#### Collected data
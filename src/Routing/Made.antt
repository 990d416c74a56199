-- ===== src/Routing/Made.antt =====
-- Which routings a resolver is made of.
use shared_ts_libs.Base.{false, ◌≡◌, List, [], ◌∷◌, Text, text_eq, All}
use shared_ts_libs.Routing.Names.{QueueConfig, TopicConfig}
use shared_ts_libs.Routing.Config.{is_inherited, is_taken, GroupedTopic}

module _ {A : Type 0} (key : A → Text) where
  -- No key occurs twice, and none is a name that every object inherits.
  abbrev pub AreUnique : List A → Type 0
  AreUnique [] = Unit
  AreUnique (a ∷ rest) =
      (is_inherited (key a) ≡ false)
      × All (λ b. text_eq (key a) (key b) ≡ false) rest
      × AreUnique rest

  abbrev AreFree : List (Text × A) → List A → Type 0
  AreFree acc = All (λ a. is_taken (key a) acc ≡ false)

abbrev pub queue_key : QueueConfig → Text
queue_key q = q.queue_name

abbrev pub topic_key : TopicConfig → Text
topic_key t = t.topic_name

abbrev group_key : GroupedTopic → Text
group_key g = g.topic.topic_name

-- The topics of a list and of their groups, in the same order.
abbrev SameTopics : List TopicConfig → List GroupedTopic → Type 0
SameTopics [] [] = Unit
SameTopics (t ∷ ts) (g ∷ gs) = (g.topic ≡ t) × SameTopics ts gs
SameTopics [] (g ∷ gs) = ⊥
SameTopics (t ∷ ts) [] = ⊥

#### Exercise prompt
Only an exact copy of the data above will do.

#### Answer below
filename src/Routing/Made.antt
repository 990d416c74a56199
-- ===== src/Routing/Made.antt =====
-- Which routings a resolver is made of.
use shared_ts_libs.Base.{false, ◌≡◌, List, [], ◌∷◌, Text, text_eq, All}
use shared_ts_libs.Routing.Names.{QueueConfig, TopicConfig}
use shared_ts_libs.Routing.Config.{is_inherited, is_taken, GroupedTopic}

module _ {A : Type 0} (key : A → Text) where
  -- No key occurs twice, and none is a name that every object inherits.
  abbrev pub AreUnique : List A → Type 0
  AreUnique [] = Unit
  AreUnique (a ∷ rest) =
      (is_inherited (key a) ≡ false)
      × All (λ b. text_eq (key a) (key b) ≡ false) rest
      × AreUnique rest

  abbrev AreFree : List (Text × A) → List A → Type 0
  AreFree acc = All (λ a. is_taken (key a) acc ≡ false)

abbrev pub queue_key : QueueConfig → Text
queue_key q = q.queue_name

abbrev pub topic_key : TopicConfig → Text
topic_key t = t.topic_name

abbrev group_key : GroupedTopic → Text
group_key g = g.topic.topic_name

-- The topics of a list and of their groups, in the same order.
abbrev SameTopics : List TopicConfig → List GroupedTopic → Type 0
SameTopics [] [] = Unit
SameTopics (t ∷ ts) (g ∷ gs) = (g.topic ≡ t) × SameTopics ts gs
SameTopics [] (g ∷ gs) = ⊥
SameTopics (t ∷ ts) [] = ⊥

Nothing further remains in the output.